Of all the things most associated with wine snobbery, blind tasting must surely be one of the most derided. We all have the caricature of the old French sommelier (replete with slicked back, oiled hair) locked away in a dusty subconscious cellar, sniffing a glass and declaring with absolute confidence—this is a 1945 Margaux!
After that moment, his audience gasps and then collects themselves, before clapping furiously. What skill! What knowledge.
In Hong Kong, replace the old French sommelier (because all the sommeliers now in the city are exceedingly handsome, young, and suave) with a stubborn collector—and you pretty much have the same scenario.
It sounds like a lot of bullshit, but does blind tasting actually have any practical use?
Don't think you know everything about wine
To be sure, it can be humbling to think you know a lot about wine and then suddenly miss the target on every bottle you taste blind. And modesty is certainly something everyone needs more of in life. It's best that even after trying lots of wine people shouldn't be too full of themselves; wine is all about discovery anyway, so let's not let ego get in the way.

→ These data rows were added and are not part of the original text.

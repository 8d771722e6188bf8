-- ===== src/Dispatch.antt =====
-- Opcode dispatch (src/z80_python/_dispatch.py and src/z80_python/_index_dispatch.py).
pub mod Method
pub mod Page
pub mod Rules
pub mod Pages
pub mod Execute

For example, in the wine above, someone who says they hate all Beaujolais might be immensely surprised to taste Chateau des Jacques' Moulin-a-Vent, especially from a ripe, long-living vintage like 2005. First of all, it's definitely not light and fruity like the stereotype of Beaujolais, secondly it shows that good Gamay can age, and thirdly it proves even Louis Jadot (who own the estate) can make interesting wines. And before anyone writes me an irate comment (probably because they either distribute or own lots of Jadot), relax—there's nothing wrong with Jadot wines; there's just nothing great about them either.
There are two lessons that I took back from this bottle. The first was that after drinking so much natural, clean Beaujolais from producers such as Foillard, Lapierre, Lapalu, Thillardon, and Yann Bertrand, another side of Gamay exists. Whereas the aforementioned producers mostly eschew new oak and usually ferment in a blend of cement vats/old oak, Chateau des Jacques is marked heavily by its heavy-handed use of oak—and after 11 years its still massively apparent. As admittedly I hadn't tried such an oaked Beaujolais in years, it threw me off the trail. Personally I'm not the biggest fan of this style because it didn't really taste like Gamay or Pinot, but it might serve as a good introduction for Bordeaux / Rhone fans to get into Beaujolais.

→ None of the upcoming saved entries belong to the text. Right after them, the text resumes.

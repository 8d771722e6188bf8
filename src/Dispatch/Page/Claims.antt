-- ===== src/Dispatch/Page/Claims.antt =====
-- What a page that `build_page` builds holds.
use z80_python.Base.{
  ◌∷◌, ◌≡◌, List, Option, [], ap, get_elem?, none, refl, set, some, suc, sym, zero, ◌∙◌, ℕ, ◌≢◌,
  replicate, ◌+◌,
}
use z80_python.Dispatch.Page.{
  Entry, Rule, build_page, entry_for, fill, put_entry, put_rule, put_rules, ◌>>=◌, missing,
}
use z80_python.Prog.{Result, err, index_error, ok, value_error}

pub bind-ok :
    {A B : Type 0} (r : Result A) (f : A → Result B) (b : B)
    → (r >>= f) ≡ ok b
    → (a : A) × (r ≡ ok a) × (f a ≡ ok b)
bind-ok (ok a) f b h = (a, refl, h)
bind-ok (err e) f b h = cc

pub ok-injective : {A : Type 0} (a b : A) → ok a ≡ ok b → a ≡ b
ok-injective a b h = cc

module _ {A : Type 0} where
  get-set_same :
      (xs : List A) (i : ℕ) (x y : A) → get_elem? xs i ≡ some y → get_elem? (set xs i x) i ≡ some x
  get-set_same [] i x y h = cc
  get-set_same (z ∷ zs) zero x y h = refl
  get-set_same (z ∷ zs) (suc i) x y h = get-set_same zs i x y h

  get-set_other :
      (xs : List A) (i j : ℕ) (x : A) → j ≢ i → get_elem? (set xs i x) j ≡ get_elem? xs j
  get-set_other [] i j x h = refl
  get-set_other (z ∷ zs) zero zero x h = absurd (h refl)
  get-set_other (z ∷ zs) zero (suc j) x h = refl
  get-set_other (z ∷ zs) (suc i) zero x h = refl
  get-set_other (z ∷ zs) (suc i) (suc j) x h = get-set_other zs i j x (λ e. h (ap suc e))

-- An entry that is there.
abbrev Holds : {C : Type 0} → List (Option (Entry C)) → ℕ → Entry C → Type 0
Holds page op e = get_elem? page op ≡ some (some e)

module _ {C : Type 0} (rule : Rule C) where
  pub put_entry-ok :
      (op : ℕ) (page page' : List (Option (Entry C)))
      → put_entry rule op page ≡ ok page'
      → (get_elem? page op ≡ some none) × (page' ≡ set page op (some (entry_for rule op)))
  unfolding put_entry
  put_entry-ok op page page' h = go (get_elem? page op) refl h
    where
      go :
          (g : Option (Option (Entry C)))
          → get_elem? page op ≡ g
          → (elim g [
            | none ↦ err index_error
            | some (some e) ↦ err value_error
            | some none ↦ ok (set page op (some (entry_for rule op)))
          ])
            ≡ ok page'
          → (get_elem? page op ≡ some none) × (page' ≡ set page op (some (entry_for rule op)))
      go none e h = cc
      go (some (some x)) e h = cc
      go (some none) e h = (e, sym (ok-injective _ _ h))

  put_entry-Holds :
      (op : ℕ) (page page' : List (Option (Entry C)))
      → put_entry rule op page ≡ ok page'
      → Holds page' op (entry_for rule op)
  put_entry-Holds op page page' h =
      let done = put_entry-ok op page page' h in
      rw done.1 (get-set_same page op (some (entry_for rule op)) none done.0)

  put_entry-keeps :
      (op : ℕ) (page page' : List (Option (Entry C)))
      → put_entry rule op page ≡ ok page'
      → (op' : ℕ) (e : Entry C) → Holds page op' e
      → Holds page' op' e
  put_entry-keeps op page page' h op' e there =
      let done = put_entry-ok op page page' h in
      let apart : op' ≢ op = λ same. some-apart (sym there ∙ ap (get_elem? page) same ∙ done.0) in
      rw done.1 (get-set_other page op op' (some (entry_for rule op)) apart ∙ there)
    where
      some-apart : {e : Entry C} → some (some e) ≢ some none
      some-apart h = cc

  put_rule-keeps :
      (ops : List ℕ) (page page' : List (Option (Entry C)))
      → put_rule rule ops page ≡ ok page'
      → (op' : ℕ) (e : Entry C) → Holds page op' e
      → Holds page' op' e
  unfolding put_rule
  put_rule-keeps [] page page' h op' e there = rw (← ok-injective _ _ h) there
  put_rule-keeps (op ∷ ops) page page' h op' e there =
      let parts = bind-ok (put_entry rule op page) (put_rule rule ops) page' h in
      put_rule-keeps ops parts.0 page' parts.2 op' e
        (put_entry-keeps op page parts.0 parts.1 op' e there)

  put_rule-Holds :
      (ops : List ℕ) (page page' : List (Option (Entry C)))
      → put_rule rule ops page ≡ ok page'
      → (k op : ℕ) → get_elem? ops k ≡ some op
      → Holds page' op (entry_for rule op)
  unfolding put_rule
  put_rule-Holds [] page page' h k op here = cc
  put_rule-Holds (op' ∷ ops) page page' h zero op here =
      let parts = bind-ok (put_entry rule op' page) (put_rule rule ops) page' h in
      let same : op' ≡ op = cc in
      rw (← same) (
        put_rule-keeps ops parts.0 page' parts.2 op' (entry_for rule op')
          (put_entry-Holds op' page parts.0 parts.1))
  put_rule-Holds (op' ∷ ops) page page' h (suc k) op here =
      let parts = bind-ok (put_entry rule op' page) (put_rule rule ops) page' h in
      put_rule-Holds ops parts.0 page' parts.2 k op here

module _ {C : Type 0} where
  put_rules-keeps :
      (rules : List (Rule C)) (page page' : List (Option (Entry C)))
      → put_rules rules page ≡ ok page'
      → (op : ℕ) (e : Entry C) → Holds page op e
      → Holds page' op e
  unfolding put_rules
  put_rules-keeps [] page page' h op e there = rw (← ok-injective _ _ h) there
  put_rules-keeps (rule ∷ rules) page page' h op e there =
      let parts = bind-ok (put_rule rule rule.opcodes page) (put_rules rules) page' h in
      put_rules-keeps rules parts.0 page' parts.2 op e
        (put_rule-keeps rule rule.opcodes page parts.0 parts.1 op e there)

  put_rules-Holds :
      (rules : List (Rule C)) (page page' : List (Option (Entry C)))
      → put_rules rules page ≡ ok page'
      → (n : ℕ) (rule : Rule C) → get_elem? rules n ≡ some rule
      → (k op : ℕ) → get_elem? rule.opcodes k ≡ some op
      → Holds page' op (entry_for rule op)
  unfolding put_rules
  put_rules-Holds [] page page' h n rule there k op here = cc
  put_rules-Holds (rule' ∷ rules) page page' h zero rule there k op here =
      let parts = bind-ok (put_rule rule' rule'.opcodes page) (put_rules rules) page' h in
      let same : rule' ≡ rule = cc in
      let here' : get_elem? rule'.opcodes k ≡ some op = rw same here in
      rw (← same) (
        put_rules-keeps rules parts.0 page' parts.2 op (entry_for rule' op)
          (put_rule-Holds rule' rule'.opcodes page parts.0 parts.1 k op here'))
  put_rules-Holds (rule' ∷ rules) page page' h (suc n) rule there k op here =
      let parts = bind-ok (put_rule rule' rule'.opcodes page) (put_rules rules) page' h in
      put_rules-Holds rules parts.0 page' parts.2 n rule there k op here

  fill-keeps :
      (default : Option (Entry C)) (unassigned : List ℕ) (number : ℕ)
      (page : List (Option (Entry C))) (op : ℕ) (e : Entry C)
      → Holds page op e
      → Holds (fill default unassigned number page) op e
  unfolding fill
  fill-keeps default unassigned number [] op e there = cc
  fill-keeps default unassigned number (some x ∷ page) zero e there = there
  fill-keeps default unassigned number (some x ∷ page) (suc op) e there =
      fill-keeps default unassigned (number + 1) page op e there
  fill-keeps default unassigned number (none ∷ page) zero e there = cc
  fill-keeps default unassigned number (none ∷ page) (suc op) e there =
      fill-keeps default unassigned (number + 1) page op e there

  -- When `build_page` returns a page, then at each opcode of each of its rules the entry is the
  -- one that the rule makes for that opcode.
  pub build_page-claims :
      (rules : List (Rule C)) (default : Option (Entry C)) (unassigned : List ℕ)
      (page : List (Option (Entry C)))
      → build_page rules default unassigned ≡ ok page
      → (n : ℕ) (rule : Rule C) → get_elem? rules n ≡ some rule
      → (k op : ℕ) → get_elem? rule.opcodes k ≡ some op
      → get_elem? page op ≡ some (some (entry_for rule op))
  unfolding build_page
  build_page-claims rules default unassigned page h n rule there k op here =
      let parts = bind-ok (put_rules rules (replicate 256 none)) _ page h in
      let filled = fill default unassigned 0 parts.0 in
      let claimed =
        put_rules-Holds rules (replicate 256 none) parts.0 parts.1 n rule there k op here in
      rw (← whole filled (missing unassigned 0 filled) parts.2)
        (fill-keeps default unassigned 0 parts.0 op (entry_for rule op) claimed)
    where
      whole :
          (filled : List (Option (Entry C))) (open_ : List ℕ)
          → (elim open_ [ [] ↦ ok filled | op ∷ ops ↦ err value_error ]) ≡ ok page
          → filled ≡ page
      whole filled [] h = ok-injective _ _ h
      whole filled (op ∷ ops) h = cc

Secondly, despite the amount of intervention from the winemaker, it was a great chance to see the terroir of Moulin-a-Vent even through the oak, as the intensity of the cru still came through. Also since nobody ever really carries extensive stock of aged Beaujolais, every little glimpse we can get of a vintage like 2005 is an interesting reference.
Free yourself of the label
Drinking blind frees yourself from prejudgement, which is normally inevitable as just knowing the region will already start to influence your thoughts. It also will reveal a lot of famous names for what they are—good (occasionally great, and almost always too young) wines that are overpriced due to excessive demand from insatiable wine lovers who insist on drinking the best, or what is generally considered the best, exclusively. This goes for people who worship Selosse when maybe some of his protégées are doing equally well for far less, or for people who prefer a young famous Rhone to an aged lesser-known Rhone from an equally good producer.
Just a few weeks ago I had the good fortune to experience a 2011 Butteaux from Raveneau, generally accepted as one of the two best producers in Chablis. His wines are legendary, not cheap at all, and electric. Even if we drank it blind it would have been amazing, bold, and an exception to the humdrum Chardonnay that many producers try to pass off as Chablis. But the question that came to mind was, for $1200, is there better Chablis now at a lower price?
I definitely believe so, and think the Raveneau will probably justify its reputation and price in another 5-10 years. At the moment however, I'll try to speak without bias when I say that Thomas Pico (disclaimer: yes I know we sell his wines), makes an equally fresh and transparent expression of Chablis right now. Because honestly speaking, the Raveneau wasn't that profound. It was everything we love in Chablis and it's 100% an incredible wine, but it didn't exceed our expectations of what Chablis could be. There were hints of the brine, and even some deeper strands of smoke, but as of right now, this is not showing its full potential. If tasted blind, few would give it a second chance. But because we know it's Raveneau, we know it has the chops to be great in the future.
But $1200 for a wine that's meant to be consumed years on? For the cellar, yes. For a restaurant, no.